Шадиман в растущем смятении наблюдал за перепуганными, не доверяющими
друг другу князьями.
- Неплохо приручил вас, доблестные, Саакадзе, но меня он не усыпит.
Вовремя вернулся я в Марабду...
- Бежал, князь, - Квели Церетели оглянулся на друзей, он, как и
Магаладзе, предпочитал живую кошку дохлому льву.
- Значит, совсем забыли царя Луарсаба, оборонявшего на Ломта-горе ваши
знамена?
- Если такой разговор вышел, князь, - побагровел Липарит, вспоминая
последнюю встречу с царицей Мариам, своей двоюродной сестрой, оплакивающей
по сей день участь венценосного сына, - то не Саакадзе, а ты предал царя.
Ты, угождая шаху, уговаривал богоравного вернуться в Картли и изменнически
выдал его кровожадному льву.
И одержимые гневом князья стали упрекать Шадимана в гибели царя.
- У Теймураза не было такого прозорливого советника, потому и уцелел, -
язвил Джавахишвили.
Шадиман смеялся, откинувшись на спинку кресла и шелковым платком
вытирая глаза.
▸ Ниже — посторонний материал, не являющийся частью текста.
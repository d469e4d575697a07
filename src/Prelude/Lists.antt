-- ===== src/Prelude/Lists.antt =====
-- Lists measured by native numbers, counted by a test, and their membership by recursion.
use payments_cdc_pipeline.Prelude.Tests.{if◌then◌else◌, Bool-cases}
use Prim.Native.Nat.{ℕ, suc, ◌+◌, ◌≤◌}
use mathlib.Core.Path.{◌≡◌, refl, ap, ◌∙◌}
use mathlib.Core.Logic.{◌⊎◌, inl, inr}
use mathlib.Core.Bool.{Bool, true, false, not, ◌||◌, ◌&&◌}
use mathlib.Core.List.{List, [], ◌∷◌, ◌++◌, map, Permᴰ}
use native.Mathlib.Omega.{arith}

module _ {ℓ} {A : Type ℓ} where
  abbrev pub length : List A → ℕ
  length [] = 0
  length (x ∷ xs) = suc (length xs)

  -- The rows that pass a Boolean test, and their number.
  abbrev pub keep : (A → Bool) → List A → List A
  keep p [] = []
  keep p (x ∷ xs) = let rest = keep p xs in if p x then x ∷ rest else rest

  abbrev pub count_if : (A → Bool) → List A → ℕ
  count_if p [] = 0
  count_if p (x ∷ xs) = let rest = count_if p xs in if p x then suc rest else rest

  abbrev pub any : (A → Bool) → List A → Bool
  any p [] = false
  any p (x ∷ xs) = p x || any p xs

  -- `all(p(x) for x in xs)`
  abbrev pub every : (A → Bool) → List A → Bool
  every p [] = true
  every p (x ∷ xs) = p x && every p xs

  pub length-append : (xs ys : List A) → length (xs ++ ys) ≡ length xs + length ys
  length-append [] ys = omega arith
  length-append (x ∷ xs) ys = omega (arith, length-append xs ys)

  pub count_if-append :
      (p : A → Bool) (xs ys : List A) → count_if p (xs ++ ys) ≡ count_if p xs + count_if p ys
  count_if-append p [] ys = omega arith
  count_if-append p (x ∷ xs) ys = ground (arith, count_if-append p xs ys)

  pub length-keep : (p : A → Bool) (xs : List A) → length (keep p xs) ≡ count_if p xs
  length-keep p [] = refl
  length-keep p (x ∷ xs) = ground (arith, length-keep p xs)

  -- A test and its negation share out the rows.
  pub count_if-not :
      (p : A → Bool) (xs : List A) → count_if p xs + count_if (λ x. not (p x)) xs ≡ length xs
  count_if-not p [] = refl
  count_if-not p (x ∷ xs) = ground (arith, count_if-not p xs)

  pub count_if-ext :
      (p q : A → Bool) (xs : List A) → ((x : A) → p x ≡ q x) → count_if p xs ≡ count_if q xs
  count_if-ext p q [] h = refl
  count_if-ext p q (x ∷ xs) h = rw (h x, count_if-ext p q xs h)

  pub count_if-keep :
      (p q : A → Bool) (xs : List A) → count_if p (keep q xs) ≡ count_if (λ x. p x && q x) xs
  count_if-keep p q [] = refl
  count_if-keep p q (x ∷ xs) = ground (arith, count_if-keep p q xs)

  pub count_if-keep_le : (p q : A → Bool) (xs : List A) → count_if p (keep q xs) ≤ count_if p xs
  count_if-keep_le p q [] = omega arith
  count_if-keep_le p q (x ∷ xs) = ground (arith, count_if-keep_le p q xs)

  pub count_if-perm : {xs ys : List A} (p : A → Bool) → Permᴰ xs ys → count_if p xs ≡ count_if p ys
  count_if-perm p Permᴰ.nil = refl
  count_if-perm p (Permᴰ.cons e h) = rw (e, count_if-perm p h)
  count_if-perm p (Permᴰ.swap e f) = rw (e, f) (ground arith)
  count_if-perm p (Permᴰ.trans h k) = count_if-perm p h ∙ count_if-perm p k

  pub length-perm : {xs ys : List A} → Permᴰ xs ys → length xs ≡ length ys
  length-perm Permᴰ.nil = refl
  length-perm (Permᴰ.cons e h) = ap suc (length-perm h)
  length-perm (Permᴰ.swap e f) = refl
  length-perm (Permᴰ.trans h k) = length-perm h ∙ length-perm k

module _ {ℓ κ} {A : Type ℓ} {B : Type κ} where
  pub length-map : (xs : List A) (f : A → B) → length (map f xs) ≡ length xs
  length-map [] f = refl
  length-map (x ∷ xs) f = ap suc (length-map xs f)

  pub count_if-map :
      (p : B → Bool) (f : A → B) (xs : List A) → count_if p (map f xs) ≡ count_if (λ x. p (f x)) xs
  count_if-map p f [] = refl
  count_if-map p f (x ∷ xs) = rw (count_if-map p f xs)

-- Membership, by recursion.
abbrev pub In : {A : Type 0} → A → List A → Type 0
In a [] = ⊥
In a (x ∷ xs) = (a ≡ x) ⊎ In a xs

module _ {A : Type 0} where
  -- Every member of the list has the property.
  abbrev pub Each : (A → Type 0) → List A → Type 0
  Each P xs = (a : A) → In a xs → P a

  pub In-perm : {xs ys : List A} (a : A) → Permᴰ xs ys → In a xs → In a ys
  In-perm a Permᴰ.nil m = m
  In-perm a (Permᴰ.cons e h) (inl m) = inl (m ∙ e)
  In-perm a (Permᴰ.cons e h) (inr m) = inr (In-perm a h m)
  In-perm a (Permᴰ.swap e f) (inl m) = inr (inl (m ∙ e))
  In-perm a (Permᴰ.swap e f) (inr (inl m)) = inl (m ∙ f)
  In-perm a (Permᴰ.swap e f) (inr (inr m)) = inr (inr m)
  In-perm a (Permᴰ.trans h k) m = In-perm a k (In-perm a h m)

  pub In-keep : (p : A → Bool) (a : A) (xs : List A) → In a (keep p xs) → In a xs × (p a ≡ true)
  In-keep p a [] m = absurd m
  In-keep p a (x ∷ xs) m = ground (arith, In-keep p a xs)

  pub keep-In : (p : A → Bool) (a : A) (xs : List A) → In a xs → p a ≡ true → In a (keep p xs)
  keep-In p a [] m h = m
  keep-In p a (x ∷ xs) (inl e) h = ground arith
  keep-In p a (x ∷ xs) (inr m) h = ground (arith, keep-In p a xs m h)

  pub count_if-In : (p : A → Bool) (a : A) (xs : List A) → In a xs → p a ≡ true → 1 ≤ count_if p xs
  count_if-In p a [] m h = absurd m
  count_if-In p a (x ∷ xs) (inl e) h = ground arith
  count_if-In p a (x ∷ xs) (inr m) h = ground (arith, count_if-In p a xs m h)

pub In-map :
    {A B : Type 0} (f : A → B) (b : B) (xs : List A)
    → In b (map f xs)
    → (a : A) × In a xs × (b ≡ f a)
In-map f b [] m = absurd m
In-map f b (x ∷ xs) (inl e) = (x, inl refl, e)
In-map f b (x ∷ xs) (inr m) = let (a, i, e) = In-map f b xs m in (a, inr i, e)

pub map-In : {A B : Type 0} (f : A → B) (a : A) (xs : List A) → In a xs → In (f a) (map f xs)
map-In f a (x ∷ xs) (inl e) = inl (ap f e)
map-In f a (x ∷ xs) (inr m) = inr (map-In f a xs m)
map-In f a [] m = absurd m

pub exists_of_count :
    {A : Type 0} (p : A → Bool) (xs : List A) → 1 ≤ count_if p xs → (a : A) × In a xs × (p a ≡ true)
exists_of_count p [] h = absurd (omega arith)
exists_of_count p (x ∷ xs) h = elim (Bool-cases (p x)) [
  | inl t ↦ (x, inl refl, t)
  | inr f ↦ let (a, m, e) = exists_of_count p xs (rw f at h) in (a, inr m, e)
]

pub any-In :
    {A : Type 0} (p : A → Bool) (a : A) (xs : List A) → In a xs → p a ≡ true → any p xs ≡ true
any-In p a [] m h = absurd m
any-In p a (x ∷ xs) (inl e) h = ground arith
any-In p a (x ∷ xs) (inr m) h = ground (arith, any-In p a xs m h)

pub count-any : {A : Type 0} (p : A → Bool) (xs : List A) → any p xs ≡ false → count_if p xs ≡ 0
count-any p [] h = refl
count-any p (x ∷ xs) h = ground (arith, count-any p xs)

-- Where a filter drops all rows that pass a test, none is left to pass it.
pub count_if-keep_none :
    {A : Type 0} (p q : A → Bool) (xs : List A)
    → ((x : A) → p x ≡ true → q x ≡ false)
    → count_if p (keep q xs) ≡ 0
count_if-keep_none p q [] h = refl
count_if-keep_none p q (x ∷ xs) h = elim (Bool-cases (p x)) [
  | inl t ↦ rw (h x t) (count_if-keep_none p q xs h)
  | inr f ↦ elim (Bool-cases (q x)) [
    | inl u ↦ rw (u, f) (count_if-keep_none p q xs h)
    | inr u ↦ rw u (count_if-keep_none p q xs h)
  ]
]

pub append_nil {ℓ} : {A : Type ℓ} (xs : List A) → xs ++ [] ≡ xs
append_nil [] = refl
append_nil (x ∷ xs) = ap (◌∷◌ x) (append_nil xs)

-- A filter that leaves nothing passes nothing.
pub none_left :
    {A : Type 0} (p : A → Bool) (a : A) (xs : List A)
    → length (keep p xs) ≡ 0
    → In a xs
    → p a ≡ false
none_left p a [] z m = absurd m
none_left p a (x ∷ xs) z (inl e) = rw e (go (p x) refl)
  where
    go : (b : Bool) → p x ≡ b → b ≡ false
    go false e = refl
    go true e = absurd (ground arith)
none_left p a (x ∷ xs) z (inr m) = none_left p a xs (ground arith) m

pub any_witness :
    {A : Type 0} (p : A → Bool) (xs : List A) → any p xs ≡ true → (a : A) × In a xs × (p a ≡ true)
any_witness p [] h = absurd (ground arith)
any_witness p (x ∷ xs) h = elim (Bool-cases (p x)) [
  | inl t ↦ (x, inl refl, t)
  | inr f ↦ let (a, m, e) = any_witness p xs (rw f at h) in (a, inr m, e)
]

pub keep-ext {ℓ} :
    {A : Type ℓ} (p q : A → Bool) (xs : List A) → ((x : A) → p x ≡ q x) → keep p xs ≡ keep q xs
keep-ext p q [] h = refl
keep-ext p q (x ∷ xs) h = rw (h x, keep-ext p q xs h)

pub every-In :
    {A : Type 0} (p : A → Bool) (a : A) (xs : List A) → every p xs ≡ true → In a xs → p a ≡ true
every-In p a [] h m = absurd m
every-In p a (x ∷ xs) h (inl e) = ground arith
every-In p a (x ∷ xs) h (inr m) = every-In p a xs (ground arith) m

module _ {A : Type 0} where
  pub In-append : (a : A) (xs ys : List A) → In a (xs ++ ys) → In a xs ⊎ In a ys
  In-append a [] ys m = inr m
  In-append a (x ∷ xs) ys (inl e) = inl (inl e)
  In-append a (x ∷ xs) ys (inr m) = ground (arith, In-append a xs ys m)

  pub append-In : (a : A) (xs ys : List A) → In a xs ⊎ In a ys → In a (xs ++ ys)
  append-In a [] ys m = ground (arith, m)
  append-In a (x ∷ xs) ys (inl (inl e)) = inl e
  append-In a (x ∷ xs) ys (inl (inr m)) = inr (append-In a xs ys (inl m))
  append-In a (x ∷ xs) ys (inr m) = inr (append-In a xs ys (inr m))
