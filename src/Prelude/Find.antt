-- ===== src/Prelude/Find.antt =====
-- Rows looked up by a nullable key column, and the uniqueness of that key.
use payments_cdc_pipeline.Prelude.Tests.{if◌then◌else◌, Bool-cases}
use payments_cdc_pipeline.Prelude.Lists.{count_if, count_if-perm, count_if-In, In, keep}
use Prim.Native.Nat.{◌≤◌}
use Prim.Native.String.{String}
use mathlib.Core.Path.{◌≡◌, refl, ◌∙◌}
use mathlib.Core.Logic.{inl, inr}
use mathlib.Core.Bool.{Bool, true, false}
use mathlib.Core.Option.{Option, none, some}
use mathlib.Core.List.{List, [], ◌∷◌, ◌++◌, map, Permᴰ}
use native.Mathlib.Omega.{arith}
use text.Mathlib.Text.{◌==◌ as text_eq}

-- A NULL key is no text.
abbrev pub names : String → Option String → Bool
names k none = false
names k (some j) = text_eq k j

module _ {A : Type 0} (key : A → Option String) where
  abbrev pub has_key : String → A → Bool
  has_key k a = names k (key a)

  abbrev pub find : String → List A → Option A
  find k [] = none
  find k (a ∷ rows) = if has_key k a then some a else find k rows

  -- No text is the key of two rows.
  abbrev pub HasUniqueKeys : List A → Type 0
  HasUniqueKeys rows = (k : String) → count_if (has_key k) rows ≤ 1

  pub HasUniqueKeys-perm : {xs ys : List A} → Permᴰ xs ys → HasUniqueKeys xs → HasUniqueKeys ys
  HasUniqueKeys-perm p h k = omega (arith, h k, count_if-perm (has_key k) p)

  -- A reordering finds the same row where the key is unique.
  pub find-perm :
      (k : String) {xs ys : List A}
      → Permᴰ xs ys
      → count_if (has_key k) xs ≤ 1
      → find k xs ≡ find k ys
  find-perm k Permᴰ.nil h = refl
  find-perm k (Permᴰ.cons {a = a} e p) h =
      rw (← e) (elim (Bool-cases (has_key k a)) [
        | inl t ↦ rw t
        | inr f ↦ rw f (find-perm k p (rw f at h))
      ])
  find-perm k (Permᴰ.swap {a = a} {b = b} e f) h =
      rw (← e, ← f)
        (elim (Bool-cases (has_key k a)) [
          | inl t ↦ elim (Bool-cases (has_key k b)) [
            | inl u ↦ absurd (ground arith)
            | inr u ↦ rw (t, u)
          ]
          | inr t ↦ rw t
        ])
  find-perm k (Permᴰ.trans p q) h =
      find-perm k p h ∙ find-perm k q (omega (arith, count_if-perm (has_key k) p))

  pub find-none : (k : String) (rows : List A) → count_if (has_key k) rows ≡ 0 → find k rows ≡ none
  find-none k [] h = refl
  find-none k (a ∷ rows) h = ground (arith, find-none k rows)

  pub find-some :
      (k : String) (rows : List A)
      → 1 ≤ count_if (has_key k) rows
      → (a : A) × (find k rows ≡ some a)
  find-some k [] h = absurd (omega arith)
  find-some k (a ∷ rows) h = elim (Bool-cases (has_key k a)) [
    | inl t ↦ (a, rw t)
    | inr f ↦ rw f (find-some k rows (rw f at h))
  ]

  pub find-In :
      (k : String) (rows : List A) (a : A) → find k rows ≡ some a → In a rows × (has_key k a ≡ true)
  find-In k [] a h = absurd (ground arith)
  find-In k (b ∷ rows) a h = ground (arith, find-In k rows a)

  -- With a unique key, a member is the row found.
  pub find_of_In :
      (k : String) (rows : List A) (a : A)
      → count_if (has_key k) rows ≤ 1
      → In a rows
      → has_key k a ≡ true
      → find k rows ≡ some a
  find_of_In k [] a h m t = absurd m
  find_of_In k (b ∷ rows) a h (inl e) t = ground arith
  find_of_In k (b ∷ rows) a h (inr m) t =
      ground (arith, find_of_In k rows a, count_if-In (has_key k) a rows m t)

  pub find-append :
      (k : String) (xs ys : List A)
      → find k (xs ++ ys) ≡ elim (find k xs) [ some a ↦ some a | none ↦ find k ys ]
  find-append k [] ys = refl
  find-append k (x ∷ xs) ys = elim (Bool-cases (has_key k x)) [
    | inl t ↦ rw t
    | inr f ↦ rw f (find-append k xs ys)
  ]

  -- A filter that spares the rows of a key finds the same row.
  pub find-keep :
      (k : String) (p : A → Bool) (rows : List A)
      → ((a : A) → In a rows → has_key k a ≡ true → p a ≡ true)
      → find k (keep p rows) ≡ find k rows
  find-keep k p [] h = refl
  find-keep k p (a ∷ rows) h = elim (Bool-cases (has_key k a)) [
    | inl t ↦ rw (h a (inl refl) t, t)
    | inr f ↦ elim (Bool-cases (p a)) [
      | inl u ↦ rw (u, f) (find-keep k p rows (λ b m. h b (inr m)))
      | inr u ↦ rw (u, f) (find-keep k p rows (λ b m. h b (inr m)))
    ]
  ]

-- A map that keeps the key finds the image.
pub find-map :
    {A B : Type 0} (key : A → Option String) (key' : B → Option String) (f : A → B)
    → ((a : A) → key' (f a) ≡ key a)
    → (k : String) (rows : List A)
    → find key' k (map f rows) ≡ elim (find key k rows) [ some a ↦ some (f a) | none ↦ none ]
find-map key key' f h k [] = refl
find-map key key' f h k (a ∷ rows) = elim (Bool-cases (has_key key k a)) [
  | inl t ↦ rw (h a, t)
  | inr n ↦ rw (h a, n) (find-map key key' f h k rows)
]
Ударил в ладони и велел слугам подать лучшее вино.
- Предлагаю, князья, осушить рог за остроумие! А заодно дружно выпьем
за бегство ваше с Ломта-горы в час победы царя Луарсаба! Вы, а не я,
бросились тогда к шаху Аббасу, по дороге наматывая на свои красивые головы
чалмы из фамильных знамен! Вы, а не я, ради спасения владений увели дружины
и оголили подступы к царской стоянке! Вы, а не я, приняв магометанство,
предали царя и церковь! А сейчас, подобно малым детям, упрекаете меня,
Бараташвили, в желании сохранить фамильные владения от меча сардара
Саакадзе! Выпьем, князья! Выпьем за дружбу! - и потряс пустым рогом.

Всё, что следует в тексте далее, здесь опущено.